In a study published in the journal Science this week, researchers say they've found an answer: Sunflowers, like animals, have a circadian rhythm — an internal clock that can be set to the external world. During the day, this system sends messages to the eastern sides of their stems, telling those cells to grow slightly longer, which causes the sunflower to lean westward. At night, the message reverses, and the sunflowers tilt back toward the east.
"It's the first example of a plant's clock modulating growth in a natural environment, and having real repercussions for the plant," Stacey Harmer, professor of plant biology at University of California-Davis and senior author on the paper, said in a statement.
Even though they don't sleep, many plants have "clock genes" similar to those that direct the sleep-wake cycle in animals. For years, Harmer had been looking for a link between those genes and the release of a hormone called auxin, which controls stem growth.
Sunflowers seemed like a likely candidate to help that search. Scientists have known about the plants' sun-seeking behavior since 1898, when botanist John Schaffner described a summer he spent observing an especially "abundant and luxuriant crop of this characteristic western weed" for the journal Botanical Gazette.
So Harmer tasked a graduate student, Hagop Atamian, with putting the flowers through their paces. First Atamian staked the sunflowers so they couldn't move. The constrained flowers were smaller and frailer than their free-moving counterparts, proving that the flowers really do benefit from following the sun.
Then he moved some potted sunflowers into an indoor growth chamber, where they were subjected to continual overhead lighting. For their first few days inside, the flowers continued to swing back and forth from east to west, just as you or I would maintain a more or less 24-hour sleep cycle during the first few days of living in constant light. This suggested that the flowers' behavior was controlled by an internal rhythm, rather than a direct response to the sun.

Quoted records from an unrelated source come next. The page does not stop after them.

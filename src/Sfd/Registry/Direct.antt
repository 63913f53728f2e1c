-- ===== src/Sfd/Registry/Direct.antt =====
-- Descriptors below the number of slots have a slot of their own.
use mathlib.Core.Option.{some-injective}
use knowledge_acquisition.Prelude.{
  ℕ, zero, suc, ◌+◌, ◌-◌, ◌%◌, ◌<◌, ◌≡◌, refl, ap, ◌∙◌, arith, false, none, some, List, [], ◌∷◌,
  length, length-set, get_elem?, set, replicate, length-replicate, leb, ltb, ◌&&◌, ◌==◌, ==_refl,
  if◌then◌else◌,
}
use knowledge_acquisition.Sfd.Registry.{
  Slot, empty_slot, size_mod, new_registry, probe, found, unregistered, scan, claim, retain,
  release_loop, release, get_count,
}

-- The slot of a descriptor that is held `count` times.
abbrev pub slot_of : ℕ → ℕ → Slot
slot_of fd zero = empty_slot
slot_of fd (suc count) = record { fd = some fd; count = suc count }

-- Every slot counts its own descriptor.
abbrev pub Counts : List Slot → (ℕ → ℕ) → Type 0
Counts registry live =
    (i : ℕ) → i < length registry → get_elem? registry i ≡ some (slot_of i (live i))

pub get_elem?-set {ℓ} :
    {A : Type ℓ} (xs : List A) (i j : ℕ) (v : A)
    → j < length xs
    → get_elem? (set xs i v) j ≡ (if i == j then some v else get_elem? xs j)
get_elem?-set [] i j v l = absurd (omega arith)
get_elem?-set (x ∷ xs) zero zero v l = refl
get_elem?-set (x ∷ xs) zero (suc j) v l = ground arith
get_elem?-set (x ∷ xs) (suc i) zero v l = ground arith
get_elem?-set (x ∷ xs) (suc i) (suc j) v l = ground (arith, get_elem?-set xs i j v)

-- One count changes.
abbrev pub changed : (ℕ → ℕ) → ℕ → ℕ → ℕ → ℕ
changed live fd count i = if fd == i then count else live i

Counts-set :
    (registry : List Slot) (live : ℕ → ℕ) (fd count : ℕ)
    → Counts registry live
    → Counts (set registry fd (slot_of fd count)) (changed live fd count)
Counts-set registry live fd count c i l =
    let k : i < length registry = omega (arith, length-set registry fd (slot_of fd count)) in
    let e = get_elem?-set registry fd i (slot_of fd count) k in let d = c i k in ground arith

first_probe : (fd : ℕ) (registry : List Slot) → fd < length registry → probe 0 fd registry ≡ fd
first_probe fd registry l = grind arith

-- The first of `n` rounds of each loop, at a descriptor's own slot.
module _ (fd : ℕ) (registry : List Slot) (own : probe 0 fd registry ≡ fd) where
  scan_held :
      (n count : ℕ)
      → 0 < n
      → get_elem? registry fd ≡ some (slot_of fd (suc count))
      → scan n 0 fd registry ≡ found fd (slot_of fd (suc count))
  unfolding scan
  scan_held zero count l e = absurd (omega arith)
  scan_held (suc n) count l e = rw (own, e, ==_refl fd, scan) (rw own refl)

  scan_free :
      (n : ℕ)
      → 0 < n
      → get_elem? registry fd ≡ some empty_slot
      → scan n 0 fd registry ≡ unregistered
  unfolding scan
  scan_free zero l e = absurd (omega arith)
  scan_free (suc n) l e = rw (own, e, scan) refl

  claim_free :
      (n : ℕ)
      → 0 < n
      → get_elem? registry fd ≡ some empty_slot
      → claim n 0 fd registry ≡ set registry fd (slot_of fd 1)
  unfolding claim
  claim_free zero l e = absurd (omega arith)
  claim_free (suc n) l e = rw (own, e, claim) (rw own refl)

  release_held :
      (n count : ℕ)
      → 0 < n
      → get_elem? registry fd ≡ some (slot_of fd (suc count))
      → suc count < size_mod
      → release_loop n 0 fd registry ≡ (set registry fd (slot_of fd count), count == 0)
  unfolding release_loop
  release_held zero count k e l = absurd (omega arith)
  release_held (suc n) zero k e l = rw (own, e, ==_refl fd, release_loop) (rw own refl)
  release_held (suc n) (suc count) k e l =
      let m : (suc (suc count) + size_mod - 1) % size_mod ≡ suc count = omega arith in
      let more : (suc (suc count) == 1) ≡ false = ground arith in
      let left : (suc count == 0) ≡ false = ground arith in
      rw (own, e, ==_refl fd, release_loop) (rw (own, m, more, left) refl)

-- `retain` as one write.
retain_lem :
    (registry : List Slot) (fd count : ℕ)
    → fd < length registry
    → get_elem? registry fd ≡ some (slot_of fd count)
    → suc count < size_mod
    → retain fd registry ≡ set registry fd (slot_of fd (suc count))
unfolding retain
retain_lem registry fd zero l e b =
    let own = first_probe fd registry l in
    let k : 0 < length registry = omega arith in
    rw (scan_free fd registry own (length registry) k e, retain)
      (claim_free fd registry own (length registry) k e)
retain_lem registry fd (suc count) l e b =
    let own = first_probe fd registry l in
    let k : 0 < length registry = omega arith in
    let m : (suc count + 1) % size_mod ≡ suc (suc count) = omega arith in
    rw (scan_held fd registry own (length registry) count k e, retain) (rw m refl)

pub retain-Counts :
    (registry : List Slot) (live : ℕ → ℕ) (fd : ℕ)
    → Counts registry live
    → fd < length registry
    → suc (live fd) < size_mod
    → Counts (retain fd registry) (changed live fd (suc (live fd)))
retain-Counts registry live fd c l b =
    rw (retain_lem registry fd (live fd) l (c fd l) b)
      (Counts-set registry live fd (suc (live fd)) c)

pub release-Counts :
    (registry : List Slot) (live : ℕ → ℕ) (fd count : ℕ)
    → Counts registry live
    → fd < length registry
    → live fd ≡ suc count
    → live fd < size_mod
    → Counts (release fd registry).0 (changed live fd count)
      × ((release fd registry).1 ≡ (count == 0))
unfolding release
release-Counts registry live fd count c l e b =
    let own = first_probe fd registry l in
    let k : 0 < length registry = omega arith in
    let h = c fd l ∙ ap (λ n. some (slot_of fd n)) e in
    let r = release_held fd registry own (length registry) count k h (omega arith) in
    rw (r, release) (Counts-set registry live fd count c, refl)

pub length-retain :
    (registry : List Slot) (live : ℕ → ℕ) (fd : ℕ)
    → Counts registry live
    → fd < length registry
    → suc (live fd) < size_mod
    → length (retain fd registry) ≡ length registry
length-retain registry live fd c l b =
    rw (retain_lem registry fd (live fd) l (c fd l) b)
      (length-set registry fd (slot_of fd (suc (live fd))))

pub length-release :
    (registry : List Slot) (live : ℕ → ℕ) (fd count : ℕ)
    → Counts registry live
    → fd < length registry
    → live fd ≡ suc count
    → live fd < size_mod
    → length (release fd registry).0 ≡ length registry
unfolding release
length-release registry live fd count c l e b =
    let own = first_probe fd registry l in
    let k : 0 < length registry = omega arith in
    let h = c fd l ∙ ap (λ n. some (slot_of fd n)) e in
    rw (release_held fd registry own (length registry) count k h (omega arith), release)
      (length-set registry fd (slot_of fd count))

pub get_elem?-replicate :
    (n i : ℕ) (slot : Slot) → i < n → get_elem? (replicate n slot) i ≡ some slot
get_elem?-replicate zero i slot l = absurd (omega arith)
get_elem?-replicate (suc n) zero slot l = refl
get_elem?-replicate (suc n) (suc i) slot l = get_elem?-replicate n i slot (omega arith)

pub new_registry-Counts : (n : ℕ) → Counts (new_registry n) (λ fd. 0)
new_registry-Counts n i l =
    get_elem?-replicate n i empty_slot (omega (arith, length-replicate n empty_slot))

get_count_step :
    (count k fd : ℕ) (registry : List Slot)
    → get_count (some fd) (slot_of k count ∷ registry)
      ≡ (if k == fd && ltb 0 count then count else get_count (some fd) registry)
unfolding get_count
get_count_step zero k fd registry = ground arith
get_count_step (suc count) k fd registry = ground arith

get_count_skip :
    (count k : ℕ) (registry : List Slot)
    → get_count none registry ≡ 0
    → get_count none (slot_of k count ∷ registry) ≡ 0
unfolding get_count
get_count_skip zero k registry e = refl
get_count_skip (suc count) k registry e = e

-- The scan of the whole table, which starts at descriptor `k`.
get_count_from :
    (registry : List Slot) (live : ℕ → ℕ) (k fd : ℕ)
    → ((i : ℕ) → i < length registry → get_elem? registry i ≡ some (slot_of (k + i) (live (k + i))))
    → get_count (some fd) registry
      ≡ (if leb k fd && ltb fd (k + length registry) then live fd else 0)
unfolding get_count
get_count_from [] live k fd c = ground arith
get_count_from (slot ∷ registry) live k fd c =
    let z : k + 0 ≡ k = omega arith in
    let h : slot ≡ slot_of k (live k) =
      rw z at (some-injective slot (slot_of (k + 0) (live (k + 0))) (c 0 (omega arith))) in
    let next : (i : ℕ) → suc k + i ≡ k + suc i = λ i. omega arith in
    let r =
      get_count_from registry live (suc k) fd (λ i l. rw (next i) (c (suc i) (omega arith))) in
    let s = get_count_step (live k) k fd registry in rw h (s ∙ ground arith)

get_count_vacant :
    (registry : List Slot) (live : ℕ → ℕ) (k : ℕ)
    → ((i : ℕ) → i < length registry → get_elem? registry i ≡ some (slot_of (k + i) (live (k + i))))
    → get_count none registry ≡ 0
unfolding get_count
get_count_vacant [] live k c = refl
get_count_vacant (slot ∷ registry) live k c =
    let z : k + 0 ≡ k = omega arith in
    let h : slot ≡ slot_of k (live k) =
      rw z at (some-injective slot (slot_of (k + 0) (live (k + 0))) (c 0 (omega arith))) in
    let next : (i : ℕ) → suc k + i ≡ k + suc i = λ i. omega arith in
    let r = get_count_vacant registry live (suc k) (λ i l. rw (next i) (c (suc i) (omega arith))) in
    rw h (get_count_skip (live k) k registry r)

pub get_count_lem :
    (registry : List Slot) (live : ℕ → ℕ) (fd : ℕ)
    → Counts registry live
    → fd < length registry
    → get_count (some fd) registry ≡ live fd
get_count_lem registry live fd c l =
    let z : (i : ℕ) → 0 + i ≡ i = λ i. omega arith in
    let r = get_count_from registry live 0 fd (λ i l. rw (z i) (c i l)) in ground arith

pub get_count-none :
    (registry : List Slot) (live : ℕ → ℕ) → Counts registry live → get_count none registry ≡ 0
get_count-none registry live c =
    let z : (i : ℕ) → 0 + i ≡ i = λ i. omega arith in
    get_count_vacant registry live 0 (λ i l. rw (z i) (c i l))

But how was that rhythm directing the sunflowers' movement? To resolve that question, Atamian (now a postdoctoral research associate at UC Davis) went outside and put ink dots on the stems of growing sunflowers and tracked how the height of each side varied slightly over the course of the morning, afternoon and night. He snipped bits of young sunflowers' stems at different times of day to sample for the activity of growth genes, and discovered that those also varied depending on the time.
As sunflowers mature, and their broad brown and yellow faces begin to open up, they cease their dancing. Harmer believes that this is because overall growth slows in adulthood, making it hard to achieve the daily back and forth movement that younger sunflowers display. Instead, like kids who have grown up and finally settled down, they must pick one direction and stick to it. Almost all wind up facing east, where their faces warm up more quickly as the sun starts to rise.
"Bees like warm flowers," Harmer said. She and her colleagues found that east-facing flowers attracted five times as many pollinators as their western-facing counterparts. When the westerners were warmed with a portable space heater, the bumblebees started to buzz over.
“The more general point,” co-author Benjamin Blackman said in a statement, “that one of the circadian clock’s adaptive functions is to regulate the timing and strength of growth responses to environmental signals, is one that I think will apply to a broad range of traits and species.”